El padre, informado de que el niño mentía mucho en la escuela, le da una lección moral, explicándole, con variados ejemplos, que es preciso decir siempre la verdad. En ese ínterin, llaman a la puerta. El padre termina la conversación recomendando: ¡Valla a abrir, hijo! ¡Si es alguien que me busca, dígale que no estoy! *** Es obvio que la posibilidad de corregir tendencias inferiores no acaba jamás. En la dinámica de la reencarnación, somos incesantemente estimulados a la renovación, enfrentando las dificultades y problemas de la Tierra. La diferencia es que en la infancia eso puede ser hecho a partir de la influencia de los padres y preceptores. En la edad adulta, dependerá de nuestra iniciativa. ¿Cuál sería el camino? Jesús nos lo indica (Lucas 18:15-17): Le trajeron, entonces, algunos niños para que les impusiese las manos y orase por ellos, y los discípulos les reprendieron a los que los trajeron. Jesús, sin embargo, les dijo: -Dejad a los niños y no les impidáis de venir a mí. Porque de ellos es el Reino de los Cielos. En verdad os digo: aquel que no recibiera el Reino de Dios, como un niño, de ningún modo entrará en él.

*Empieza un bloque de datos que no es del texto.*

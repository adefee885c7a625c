-- ===== src/WebClient/Messages/Permitted/Handled.antt =====
-- rtpconn/webclient.go: `handleClientMessage` as a whole.
use galene.WebClient.{WebClient}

El maestro sitúa a los niños como paradigma de la inocencia y de la pureza necesaria para que alcancemos el Reino de Dios. Inocencia – la pureza de conciencia. Pureza – la inocencia del corazón. La cara de Jesús niño se ha convertido, en nosotros, es las experiencias reencarnatória, en la cara lamentable de Judas. Somos convocados, ahora, por el conocimiento espirita, a transformar la cara de Judas en la figura radiante de Cristo,
empeñándonos con tal ardor y dedicación, que un día podamos repetir con el Apóstol Pablo (Gálatas, 2: 20) … y ya no soy yo quien vive, más si es Cristo el que vive en mí.